Отдельно бы почитала, как именно создавался миф о Менгеле, как он стал прям самым главным доктором-убийцей. Конечно, он был выходцем из ада и преступником, просто в какой-то момент его стали считать чуть ли не единственным врачом в Аушвице, который один все успевал. Даже в свидетельских показаниях жертв почти все утверждают, что лично их лично Менгеле на перроне встречал, многие вспоминали, что он обращался к ним на венгерском (которого не знал), описывают как высокого, красивого и светловолосого – на самом деле, довольно среднего роста, средней окраски и внешне совершенно заурядного. Вероятно, свои же радостно спихнули на него эту роль символа зла. В конце концов, наставник и интересант лагерных работ Менгеле барон Вершуер вышел из этого практически без потерь.

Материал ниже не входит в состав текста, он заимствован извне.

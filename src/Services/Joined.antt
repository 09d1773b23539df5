-- ===== src/Services/Joined.antt =====
-- The lines of a summary beside the balances of a close.
use Prim.Native.String.{String}
use expense_splitter.Prelude.{◌≡◌, refl, ap, List, [], ◌∷◌, map}
use expense_splitter.Prelude.Int.{ℤ}
use expense_splitter.Prelude.Dict.{Dict}
use expense_splitter.Settlement.Plan.{MemberBalance}
use expense_splitter.Store.{MembershipRow}
use expense_splitter.Services.Close.{balance_of, balances}
use expense_splitter.Services.Summary.{MemberSummary, summary_of}

-- A summary's line without the email.
abbrev pub as_balance : MemberSummary → MemberBalance
as_balance s = record { user_id = s.user_id; paid = s.paid; fair_share = s.fair_share; net = s.net }

pub balances-summary :
    (paid fair : Dict ℤ) (named : List (MembershipRow × String))
    → map as_balance (map (summary_of paid fair) named) ≡ balances paid fair (map (λ x. x.0) named)
balances-summary paid fair [] = refl
balances-summary paid fair ((m, email) ∷ named) =
    ap (λ bs. balance_of paid fair m ∷ bs) (balances-summary paid fair named)

pub user_ids :
    (named : List (MembershipRow × String))
    → map (λ m. m.0.user_id) named ≡ map (λ m. m.user_id) (map (λ x. x.0) named)
user_ids [] = refl
user_ids ((m, email) ∷ named) = ap (λ ids. m.user_id ∷ ids) (user_ids named)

Потрясающая глава книги посвящена тому, как Дж. Менгеле выскользнул из Европы. Вот казалось бы – человек, которого тысячи выживших в Аушвице и их родственников готовы были линчевать – без особых трудностей сливается в сторону Аргентины. Вероятно, этой историей вдохновился Литтел. Менгеле, конечно, проявил редкую выдержку – смог воспользоваться общей неразберихой послевоенной Европы и аккуратненько осел на баварской ферме, три года там работал в полях со всем усердием. Жена еще помогла – создала видимость, что уже вдова. Тем временем семейный бизнес отца Менгеле восстановился после войны – они производили тачки, и всем нужны были тачки, чтобы разбирать завалы. Через несколько лет работы на ферме (там его запомнили как очень трудолюбивого и замкнутого человека) бывший доктор перебрался в Италию, там без затруднений получил международный паспорт Красного креста покинул Европу.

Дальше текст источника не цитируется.